Overall, the core message is that agents work best when treated like junior engineers inside a controlled workflow: decompose tasks, maintain state, require debuggable outputs, and iterate with measurable checkpoints. The result is faster experimentation and richer feedback loops—without needing to hand-code every detail.
Cornell Notes
LLM agents in 2025 can accelerate coding and R&D when they’re used like structured iterators rather than “one-shot” problem solvers. The example uses Open Hands to run an evolutionary-training experiment on Shakespeare text: the agent generates preprocessing code, builds training scripts, and iteratively refines model architecture and fitness evaluation. A README.md in the workspace becomes the compact source of truth so context can be reset without losing the experiment’s state. The workflow also stresses engineering basics—debug logs, JSON outputs for analysis, and test cases—because long runs and complex code still require validation. The payoff includes a live curses dashboard that visualizes best and average fitness over generations, making progress easy to monitor and steer.

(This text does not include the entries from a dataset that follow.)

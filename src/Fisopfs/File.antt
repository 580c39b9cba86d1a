-- ===== src/Fisopfs/File.antt =====
-- fisopfs/file.c: inodes, paths and directory entries.
pub mod Dir
use tps_sistemas_operativos.Prelude.{
  ℕ, zero, suc, ◌+◌, Bool, true, false, not, ◌&&◌, Option, none, some, List, [], ◌∷◌, ◌++◌, ◌==◌,
  ltb, leb, if◌then◌else◌, ◌>>=◌, length, take, drop, replicate, update,
}
use tps_sistemas_operativos.Fisopfs.{
  InodeType, inode_file, inode_dir, blank, Superblock, set_inode, enoent, enotdir, enametoolong,
  enomem, Reply, ok, err, Host, initial_content_length, initial_inodes_amount, max_path,
}
use tps_sistemas_operativos.Fisopfs.Buffer.{
  newline, slash, str_eq, strlen, write_at, strcpy_at, strrchr, find_from,
}

-- `recalloc` once its allocation has succeeded: a block of `new_count` bytes that begins with
-- `old_size` bytes of the old one
unfoldable pub recalloc : List ℕ → ℕ → ℕ → Option (List ℕ)
unfolding write_at
recalloc ptr old_size new_count =
    if leb old_size (length ptr)
    then write_at (replicate new_count 0) 0 (take old_size ptr)
    else none

-- `get_parent_path`; `alloc` is whether its allocation succeeds. `none` is the copy to the null
-- pointer, or the write through the null pointer of a path with no slash.
unfoldable pub get_parent_path : Bool → List ℕ → Option (List ℕ)
unfolding strrchr
get_parent_path alloc path = if not alloc then none else elim (strrchr path) [
  | none ↦ none
  | some (parent, entry) ↦ some (elim parent [ [] ↦ slash ∷ [] | c ∷ cs ↦ c ∷ cs ])
]

-- the name behind the last slash
unfoldable pub entry_name : List ℕ → Option (List ℕ)
unfolding strrchr
entry_name path = strrchr path >>= λ (parent, entry). some entry

abbrev pub holds : Superblock → List ℕ → ℕ → Bool
holds sb path i = not (sb.inode_bitmap i == 0) && str_eq (sb.inodes i).path path

-- `search_inode`: `none` is `ERROR`.
unfoldable pub search_inode : Superblock → List ℕ → Option ℕ
unfolding find_from
search_inode sb path = find_from sb.inode_amount 0 (holds sb path)

abbrev pub or_end : ℕ → Option ℕ → ℕ
or_end n none = n
or_end n (some i) = i

-- `search_next_free_inode`
unfoldable pub search_next_free_inode : Superblock → ℕ
unfolding find_from
search_next_free_inode sb =
    or_end sb.inode_amount (find_from sb.inode_amount 0 (λ i. sb.inode_bitmap i == 0))

-- the bytes of a line, and whether a newline ends it rather than the terminator
unfoldable pub line_at : List ℕ → Option (List ℕ × Bool)
line_at [] = none
line_at (b ∷ bs) =
    let rest = line_at bs in
    if b == newline
    then some ([], true)
    else if b == 0
    then some ([], false)
    else (rest >>= λ (line, ended). some (b ∷ line, ended))

-- `read_line` into a buffer of `capacity` bytes: the line, and the number that it returns
unfoldable pub read_line : List ℕ → ℕ → ℕ → Option (List ℕ × ℕ)
unfolding line_at
read_line content capacity offset = line_at (drop offset content) >>= λ (line, ended).
    if not ended && (length line == 0)
    then some ([], 0)
    else if leb (length line + 1) capacity
    then some (line, length line + 1)
    else none

-- `add_dentry_to_content` behind its writes to the caller's buffer
unfoldable pub append_dentry : Bool → List ℕ → ℕ → List ℕ → Option (List ℕ × ℕ)
append_dentry alloc content content_size dentry = do
  let line = dentry ++ newline ∷ []
  content_length ← strlen content
  let new_size = content_size + length line + initial_content_length
  let grown = if alloc then recalloc content content_length new_size else none
  (block, size) ←
      (if ltb content_size (content_length + length line)
        then (grown >>= λ block. some (block, new_size))
        else some (content, content_size))
  block' ← strcpy_at block content_length line
  some (block', size)

-- `add_dentry_to_content`, on a block and its size, for an entry in a buffer of `capacity` bytes, to
-- which it writes a newline and a terminator; `alloc` is whether its allocation succeeds. A null
-- block is written to where it fails: the test that follows looks at the wrong pointer.
unfoldable pub add_dentry_to_content : Bool → ℕ → List ℕ → ℕ → List ℕ → Option (List ℕ × ℕ)
add_dentry_to_content alloc capacity content content_size dentry =
    if leb (length dentry + 2) capacity
    then append_dentry alloc content content_size dentry
    else none

-- The loop of `remove_inode` with `fuel` rounds left: it copies the other entries.
unfoldable pub copy_entries : ℕ → Bool → List ℕ → ℕ → List ℕ → ℕ → List ℕ × ℕ → Option (List ℕ × ℕ)
copy_entries zero alloc content content_length name offset new =
    if ltb offset content_length then none else some new
copy_entries (suc fuel) alloc content content_length name offset new =
    elim (ltb offset content_length) [
      | false ↦ some new
      | true ↦ read_line content (max_path + 1) offset >>= λ (line, n).
          (if str_eq line name
            then some new
            else add_dentry_to_content alloc (max_path + 1) new.0 new.1 line)
          >>= copy_entries fuel alloc content content_length name (offset + n)
    ]

-- `remove_inode`; without a parent it reads through the null pointer. What becomes of the freed
-- block of the inode does not matter: its slot is not read again before it is filled.
unfoldable pub remove_inode : Host → Superblock → List ℕ → ℕ → Option Superblock
remove_inode host sb path inode_index = do
  let cleared = record sb { inode_bitmap = update sb.inode_bitmap inode_index 0 }
  parent_path ← get_parent_path (host.alloc 2) path
  parent_index ← search_inode cleared parent_path
  let parent = cleared.inodes parent_index
  name ← entry_name path
  let fresh = if host.alloc 0 then some (replicate parent.size 0) else none
  new_content ← fresh
  content_length ← strlen parent.content
  (block, size) ←
      copy_entries content_length (host.alloc 1) parent.content content_length name 0
        (new_content, parent.size)
  some (set_inode cleared parent_index (record parent { content = block; size = size }))

-- `add_dentry_to_parent_dir`. It writes a newline and a terminator behind the path that it is given,
-- in the buffer of the caller.
unfoldable pub add_dentry_to_parent_dir : Host → Superblock → List ℕ → Option (Reply × Superblock)
add_dentry_to_parent_dir host sb path = do
  parent_path ← get_parent_path (host.alloc 4) path
  elim (search_inode sb parent_path) [
    | none ↦ some (err enoent, sb)
    | some dir_index ↦ elim (sb.inodes dir_index).type [
      | inode_file ↦ some (err enotdir, sb)
      | inode_dir ↦ do
        let parent = sb.inodes dir_index
        name ← entry_name path
        (block, size) ←
            add_dentry_to_content (host.alloc 3) (length name + 1 + host.path_room) parent.content
              parent.size name
        some (ok 0, set_inode sb dir_index (record parent { content = block; size = size }))
    ]
  ]

-- the new arrays of `create_inode`, zero behind the old ones
abbrev pub grow {ℓ} : {A : Type ℓ} → (ℕ → A) → ℕ → A → ℕ → A
grow f n zero_value i = if ltb i n then f i else zero_value

-- the end of `create_inode`; `strcpy` needs a byte more than the path has
unfoldable pub fill_inode :
    Host → Superblock → List ℕ → ℕ → InodeType → ℕ → Option (Reply × Superblock)
fill_inode host sb path mode type free_index =
    if ltb max_path (length path + 1)
    then none
    else if host.alloc 2
    then some (
      ok free_index,
      record sb {
        inodes = update sb.inodes free_index (record {
          path = path;
          content = replicate initial_content_length 0;
          size = initial_content_length;
          type = type;
          last_access = host.time 0;
          last_modification = host.time 1;
          creation_time = host.time 2;
          group = host.gid;
          owner = host.uid;
          permissions = mode;
        });
        inode_bitmap = update sb.inode_bitmap free_index 1;
      },
    )
    else some (
      err enomem,
      set_inode sb free_index (record (sb.inodes free_index) { path = path; content = [] }),
    )

-- `create_inode`
unfoldable pub create_inode :
    Host → Superblock → List ℕ → ℕ → InodeType → Option (Reply × Superblock)
create_inode host sb path mode type =
    if ltb max_path (length path)
    then some (err enametoolong, sb)
    else let free_index = search_next_free_inode sb in
      let n = sb.inode_amount in
      if not (free_index == n)
      then fill_inode host sb path mode type free_index
      else if not (host.alloc 0)
      then some (err enomem, sb)
      else let moved = record sb { inodes = grow sb.inodes n blank } in
        if not (host.alloc 1)
        then some (err enomem, moved)
        else fill_inode host
            (record moved {
              inode_bitmap = grow sb.inode_bitmap n 0;
              inode_amount = n + initial_inodes_amount;
            })
            path mode type free_index
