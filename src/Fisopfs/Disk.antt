-- ===== src/Fisopfs/Disk.antt =====
-- fisopfs/file.c and fisopfs/fisopfs.c: saving the file system to its file, and loading it.
pub mod Reload
use tps_sistemas_operativos.Prelude.{
  ℕ, zero, suc, ◌+◌, ◌-◌, Bool, true, false, Option, none, some, List, [], ◌∷◌, ◌++◌, ◌==◌,
  if◌then◌else◌, ◌>>=◌, length, take, replicate, update,
}
use tps_sistemas_operativos.Fisopfs.{InodeType, Inode, blank, Superblock, Host}
use tps_sistemas_operativos.Fisopfs.Buffer.{slash, read_at}
use tps_sistemas_operativos.Fisopfs.File.{create_inode}

-- The file: a number, then for each inode its structure, in which the pointer means nothing, and
-- its bytes. Fewer inodes than the number says, or fewer bytes, are a file that was cut off. Reads
-- and writes of the file do not fail.
pub record Saved : Type 0 where
  pub amount : ℕ
  pub entries : List (Inode × List ℕ)

-- the count at the head of `serialize`, with `n` rounds left
unfoldable pub count_active : ℕ → ℕ → Superblock → ℕ
count_active zero i sb = 0
count_active (suc n) i sb =
    let rest = count_active n (i + 1) sb in if sb.inode_bitmap i == 1 then suc rest else rest

-- the loop of `serialize`, with `n` rounds left
unfoldable pub save_loop : ℕ → ℕ → Superblock → Option (List (Inode × List ℕ))
unfolding read_at
save_loop zero i sb = some []
save_loop (suc n) i sb = elim (sb.inode_bitmap i == 1) [
  | false ↦ save_loop n (i + 1) sb
  | true ↦ do
    bytes ← read_at (sb.inodes i).content 0 (sb.inodes i).size
    rest ← save_loop n (i + 1) sb
    some ((record (sb.inodes i) { content = [] }, bytes) ∷ rest)
]

-- `serialize`
unfoldable pub serialize : Superblock → Option Saved
unfolding count_active save_loop
serialize sb = do
  entries ← save_loop sb.inode_amount 0 sb
  some (record { amount = count_active sb.inode_amount 0 sb; entries = entries })

-- a block of zeros, `size` long, into which the bytes are read
abbrev pub filled : ℕ → List ℕ → List ℕ
filled size bytes = take size bytes ++ replicate (size - length bytes) 0

-- the loop of `deserialize`, with `n` rounds left: `none` is its error
unfoldable pub load_loop : Host → ℕ → ℕ → List (Inode × List ℕ) → Superblock → Option Superblock
load_loop host zero i entries sb = some sb
load_loop host (suc n) i [] sb = some sb
load_loop host (suc n) i ((inode, bytes) ∷ rest) sb =
    let loaded = record sb {
      inodes = update sb.inodes i (record inode { content = filled inode.size bytes });
      inode_bitmap = update sb.inode_bitmap i 1;
    } in
    let next = load_loop host n (i + 1) rest loaded in if host.alloc (i + 2) then next else none

abbrev pub empty : Superblock
empty = record { inodes = λ i. blank; inode_bitmap = λ i. 0; inode_amount = 0 }

abbrev pub or_empty : Option Superblock → Superblock
or_empty none = empty
or_empty (some sb) = sb

-- `deserialize`: the two arrays are used without a look at whether they were allocated.
unfoldable pub deserialize : Host → Saved → Option Superblock
unfolding load_loop
deserialize host saved =
    if host.alloc 0
    then if host.alloc 1
      then some (
          or_empty (
            load_loop host saved.amount 0 saved.entries
              (record empty { inode_amount = saved.amount })))
      else none
    else none

-- `__S_IFDIR | 0755`
abbrev pub root_mode : ℕ
root_mode = 0o40755

-- `fisopfs_init` on the file, or on none
unfoldable pub init : Host → Option Saved → Option Superblock
unfolding create_inode deserialize
init host none =
    create_inode host empty (slash ∷ []) root_mode InodeType.inode_dir >>= λ (r, sb). some sb
init host (some saved) = deserialize host saved

-- `fisopfs_destroy`: the file that is left, `none` inside when it cannot be opened
unfoldable pub destroy : Bool → Superblock → Option (Option Saved)
unfolding serialize
destroy true sb = serialize sb >>= λ saved. some (some saved)
destroy false sb = some none
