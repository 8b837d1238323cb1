-- ===== src/Grin/Core/Spend/Balance.antt =====
-- The transaction that spend_coins makes balances (src/grin/grin_core.rs): no coins appear in it.
use mw_btc_swap.Prelude.{
  ℕ, ◌+◌, ◌≤◌, ◌≡◌, ◌∙◌, inl, inr, refl, sym, ap, some, List, [], ◌∷◌, ◌++◌, ok, unwrap_option,
  false, ltb, arith, Bool-cases, then_branch, else_branch,
}
use mw_btc_swap.Prelude.Results.{>>=-returns, ok_injective, some_of}
use mw_btc_swap.Bitcoin.Crate.{BitcoinLib}
use mw_btc_swap.Swap.World.{to_i64}
use mw_btc_swap.Grin.Types.{MwCoin}
use mw_btc_swap.Grin.Crate.{
  GrinTypes, GrinCrate, BlindSum, empty_sum, sub_blinding_factor, Output, Slate,
}
use mw_btc_swap.Grin.Routines.{deserialize_commitment, deserialize_secret_key}
use mw_btc_swap.Grin.Core.{SpendCoinsResult}
use mw_btc_swap.Grin.Core.Spend.{
  SpendKeys, Change, add_inputs, add_change, add_coins, change_of, fill_slate,
}
use mw_btc_swap.Grin.Core.Spend.Inputs.{total}
use mw_btc_swap.Grin.Core.Spend.Accepts.{Spent}
use mw_btc_swap.Grin.Pedersen.{
  Points, Pedersen, Bookkeeping, sum_of, sum_of-snoc, right_comm, shuffle, inputs_of, outputs_of,
}

zero_of : (v : ℕ) → ltb 0 v ≡ false → 0 ≡ v
zero_of v h = ground arith

module _ {lib : BitcoinLib} {t : GrinTypes} {g : GrinCrate lib t} {pts : Points}
    (ped : Pedersen g pts) where
  open pts use {Point, plus, origin, plus_assoc, plus_comm, plus_origin}
  open ped use {point, value, secret, blind}

  -- The commitment of a coin is to its value under its blinding factor.
  abbrev pub Opens : MwCoin → Type 0
  Opens coin =
      (c : t.Commitment) × (k : t.SecretKey) × (deserialize_commitment g coin.commitment ≡ ok c)
      × (deserialize_secret_key g coin.blinding_factor ≡ ok k)
      × (point c ≡ plus (value coin.value) (secret k))

  abbrev pub AllOpen : List MwCoin → Type 0
  AllOpen [] = Unit
  AllOpen (coin ∷ rest) = Opens coin × AllOpen rest

  abbrev blinds : List t.BlindingFactor → Point
  blinds bs = sum_of pts blind bs

  add_inputs-value :
      (inputs : List MwCoin) (sum : BlindSum t.BlindingFactor)
      {r : List t.Commitment × BlindSum t.BlindingFactor}
      → AllOpen inputs
      → add_inputs g inputs sum ≡ ok r
      → (plus (sum_of pts point r.0) (blinds sum.negative_blinding_factors)
          ≡ plus (value (total inputs)) (blinds r.1.negative_blinding_factors))
        × (r.1.positive_blinding_factors ≡ sum.positive_blinding_factors)
  unfolding add_inputs
  add_inputs-value [] sum opened run =
      rw (← ok_injective run)
        (ap (λ v. plus v (blinds sum.negative_blinding_factors)) (sym ped.value_zero), refl)
  add_inputs-value (coin ∷ rest) sum ((c, k, is_c, is_k, opens), opened) run =
      let (c', e1, run1) = >>=-returns (deserialize_commitment g coin.commitment) _ run in
      let (k', e2, run2) = >>=-returns (deserialize_secret_key g coin.blinding_factor) _ run1 in
      let less = sub_blinding_factor (g.bf_from_secret_key k') sum in
      let (r', e3, run3) = >>=-returns (add_inputs g rest less) _ run2 in
      let (ih, positive) = add_inputs-value rest less opened e3 in
      let same_c = ok_injective (sym is_c ∙ e1) in
      let same_k = ok_injective (sym is_k ∙ e2) in
      rw (← ok_injective run3) (
        ap (λ x. plus (plus x (sum_of pts point r'.0)) (blinds sum.negative_blinding_factors))
              (ap point (sym same_c) ∙ opens ∙ ap (λ x. plus (value coin.value) (secret x)) same_k)
            ∙ shuffle pts (value coin.value) (secret k') (sum_of pts point r'.0)
                (blinds sum.negative_blinding_factors)
            ∙ ap (λ x. plus (value coin.value) (plus (sum_of pts point r'.0) x))
                (ap (plus (blinds sum.negative_blinding_factors))
                    (sym (ped.blind-from_secret_key k'))
                  ∙ sym (
                      sum_of-snoc pts blind sum.negative_blinding_factors
                        (g.bf_from_secret_key k')))
            ∙ ap (plus (value coin.value)) ih
            ∙ sym (
                plus_assoc (value coin.value) (value (total rest))
                  (blinds r'.1.negative_blinding_factors))
            ∙ ap (λ x. plus x (blinds r'.1.negative_blinding_factors))
                (sym (ped.value_add coin.value (total rest))),
        positive,
      )

  -- The outputs and the sum of the blinding factors after the change.
  add_change-value :
      (v : ℕ) (key rew_nonce prf_nonce : t.SecretKey) (book : Bookkeeping ped) (tx : t.Transaction)
      (sum : BlindSum t.BlindingFactor) {change : Change g}
      → outputs_of ped tx ≡ origin
      → sum.positive_blinding_factors ≡ []
      → add_change g v key rew_nonce prf_nonce tx sum ≡ ok change
      → (outputs_of ped change.tx
          ≡ plus (value v) (blinds change.blind_sum.positive_blinding_factors))
        × (inputs_of ped change.tx ≡ inputs_of ped tx)
        × (change.blind_sum.negative_blinding_factors ≡ sum.negative_blinding_factors)
  unfolding add_change
  add_change-value v key rew_nonce prf_nonce book tx sum {change} bare none_yet run =
      elim (Bool-cases (ltb 0 v)) [
        | inl some_change ↦
            let (c, e1, run1) =
              >>=-returns (unwrap_option (g.commit v key)) _
                (then_branch (ltb 0 v) _ _ some_change run) in
            rw (← ok_injective run1) (
              book.outputs-with_output _ tx
                  ∙ ap (plus (point c)) bare
                  ∙ plus_origin (point c)
                  ∙ ped.commit_lem v key c (some_of (g.commit v key) e1)
                  ∙ ap (plus (value v)) (
                      sym (ped.blind-from_secret_key key)
                      ∙ sym (plus_origin (blind (g.bf_from_secret_key key)))
                      ∙ ap (λ l. blinds (l ++ (g.bf_from_secret_key key ∷ []))) (sym none_yet)),
              book.inputs-with_output _ tx,
              refl,
            )
        | inr no_change ↦ rw (← ok_injective (else_branch (ltb 0 v) _ _ no_change run)) (
          bare
              ∙ sym (plus_origin origin)
              ∙ ap (λ x. plus x origin) (sym ped.value_zero)
              ∙ ap (λ n. plus (value n) origin) (zero_of v no_change)
              ∙ ap (λ l. plus (value v) (blinds l)) (sym none_yet),
          refl,
          refl,
        )
      ]

  -- The points of the inputs are those of the outputs and of what the transaction still owes,
  -- under the keys of this party.
  abbrev pub Balances : t.Transaction → ℕ → Point → Type 0
  Balances tx owed keys = plus (outputs_of ped tx) (value owed) ≡ plus (inputs_of ped tx) keys

  add_coins-Balances :
      (book : Bookkeeping ped) (inputs : List MwCoin) (v owed : ℕ)
      (key rew_nonce prf_nonce : t.SecretKey) (chain : t.Keychain) {change : Change g}
      {final_bf : t.BlindingFactor}
      → AllOpen inputs
      → v + owed ≡ total inputs
      → add_coins g inputs v key rew_nonce prf_nonce ≡ ok change
      → g.blind_sum chain change.blind_sum ≡ some final_bf
      → Balances change.tx owed (blind final_bf)
  unfolding add_coins
  add_coins-Balances book inputs v owed key rew_nonce prf_nonce chain {change} {final_bf} opened
        adds_up run summed =
      let (added, e1, run1) = >>=-returns (add_inputs g inputs empty_sum) _ run in
      let (paid, positive) = add_inputs-value inputs empty_sum opened e1 in
      let tx = g.transaction_new added.0 (g.tx_outputs g.empty_tx) (g.tx_kernels g.empty_tx) in
      let bare =
        book.outputs-transaction_new added.0 (g.tx_outputs g.empty_tx) (g.tx_kernels g.empty_tx)
        ∙ ap (sum_of pts (λ o. point (Output.commit o))) book.outputs-empty in
      let (outs, ins, same) =
        add_change-value v key rew_nonce prf_nonce book tx added.1 bare positive run1 in
      let pos = blinds change.blind_sum.positive_blinding_factors in
      let neg = blinds added.1.negative_blinding_factors in
      let ins_of =
        ins
        ∙ book.inputs-transaction_new added.0 (g.tx_outputs g.empty_tx) (g.tx_kernels g.empty_tx) in
      ap (λ x. plus x (value owed)) outs
      ∙ right_comm pts (value v) pos (value owed)
      ∙ ap (λ x. plus x pos) (sym (ped.value_add v owed) ∙ ap value adds_up)
      ∙ ap (plus (value (total inputs))) (
          sym (ped.blind-blind_sum chain change.blind_sum final_bf summed)
          ∙ ap (λ l. plus (blind final_bf) (blinds l)) same)
      ∙ sym (plus_assoc (value (total inputs)) (blind final_bf) neg)
      ∙ right_comm pts (value (total inputs)) (blind final_bf) neg
      ∙ ap (λ x. plus x (blind final_bf))
          (sym paid ∙ plus_origin (sum_of pts point added.0) ∙ sym ins_of)

  -- What is above the fund and the fee goes to the change.
  change_of-adds :
      (inpval fund_value fee : ℕ) {v : ℕ}
      → fund_value + fee ≤ inpval
      → change_of inpval fund_value fee ≡ ok v
      → v + (fund_value + fee) ≡ inpval
  unfolding change_of
  change_of-adds inpval fund_value fee enough run =
      let (a, e1, run1) = >>=-returns (to_i64 inpval) _ run in
      let (b, e2, run2) = >>=-returns (to_i64 fund_value) _ run1 in
      let (c, e3, run3) = >>=-returns (to_i64 fee) _ run2 in omega (arith, ok_injective run3)

  -- The transaction of a slate balances under the signing key and the offset of the spender.
  pub Spent-Balances :
      (book : Bookkeeping ped) (keys : SpendKeys g) (inputs : List MwCoin) (fund_value fee : ℕ)
      (slate : Slate t) {r : SpendCoinsResult t}
      → AllOpen inputs
      → fund_value + fee ≤ total inputs
      → Spent g keys inputs (total inputs) fund_value fee slate r
      → (tx : t.Transaction) × (r.slate.tx ≡ some tx)
        × Balances tx (fund_value + fee) (plus (secret r.sig_key) (blind r.slate.offset))
  unfolding fill_slate
  Spent-Balances book keys inputs fund_value fee slate {r} opened enough spent =
      let offset = g.bf_from_secret_key keys.offset_key in
      let change = spent.change in
      let (final_bf, e1, run1) =
        >>=-returns (unwrap_option (g.blind_sum spent.chain change.blind_sum)) _ spent.is_filled in
      let (split, e2, run2) = >>=-returns (unwrap_option (g.bf_split final_bf offset)) _ run1 in
      let (final_key, e3, run3) = >>=-returns (unwrap_option (g.bf_secret_key split)) _ run2 in
      let (initial, e4, run4) = >>=-returns (unwrap_option (g.bf_secret_key final_bf)) _ run3 in
      let (filled, e5, run5) = >>=-returns (unwrap_option _) _ run4 in
      let same = ok_injective run5 in
      let balanced =
        add_coins-Balances book inputs spent.change_value (fund_value + fee) keys.change_coin_key
          keys.rew_nonce keys.prf_nonce spent.chain opened
          (change_of-adds (total inputs) fund_value fee enough spent.is_change_value)
          spent.is_change (some_of _ e1) in
      (
        g.with_offset offset change.tx,
        ap (λ x. x.1.tx) (sym same) ∙ book.tx-fill_round_1 _ _ _ _ (some_of _ e5),
        ap (λ x. plus x (value (fund_value + fee))) (book.outputs-with_offset offset change.tx)
            ∙ balanced
            ∙ ap (λ x. plus x (blind final_bf)) (sym (book.inputs-with_offset offset change.tx))
            ∙ ap (plus (inputs_of ped (g.with_offset offset change.tx))) (
                sym (ped.blind-split final_bf offset split (some_of _ e2))
                ∙ ap (plus (blind split)) (
                    ap blind (
                      sym (book.offset-fill_round_1 _ _ _ _ (some_of _ e5))
                      ∙ ap (λ x. x.1.offset) same))
                ∙ ap (λ x. plus x (blind r.slate.offset))
                    (sym (ped.secret-key split final_key (some_of _ e3))
                      ∙ ap (λ x. secret x.0) same)),
      )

Why does the transcript insist on breaking work into smaller prompts instead of one huge instruction?
What role does README.md play in keeping an agent-driven project stable?
How does the experiment diagnose “stuck” learning around ~50% average fitness?
What engineering practices are emphasized for long-running agent-generated scripts?
What makes the curses dashboard a meaningful “agent win” rather than just a UI flourish?
How does parallelism change the productivity equation for agent workflows?
Review Questions
- What specific mechanisms in the workflow prevent context from degrading agent performance over many steps?
- How do changes to activation functions and fitness evaluation alter the learning behavior in the evolutionary experiment?
- Why is debug output (console logs/JSON artifacts) critical when agent-generated scripts run for long periods?
Key Points
- 1
Open Hands is treated as a structured loop (prompting plus conditional logic), so success comes from engineering discipline rather than expecting “magic.”
- 2
Decompose tasks into subproblems (preprocessing → training scaffold → evolutionary loop → fitness/architecture tweaks) instead of issuing one massive instruction.
- 3
Maintain a workspace README.md as a compact experiment state so the agent can reset without losing goals or file context.
- 4
Require debuggable outputs: console logs and JSON artifacts for progress and analysis, especially for long-running training or benchmarking.
- 5
Use measurable checkpoints (fitness trends, test cases, saved artifacts) to guide iteration and avoid aimless wandering.
- 6
Evolutionary training benefits from targeted changes when learning stalls: activation functions, weight scaling, bias terms, and fitness functions that reward partial matches.
- 7
Agent leverage increases with parallelism: multiple agents can run experiments and tooling simultaneously while the human focuses on direction and validation.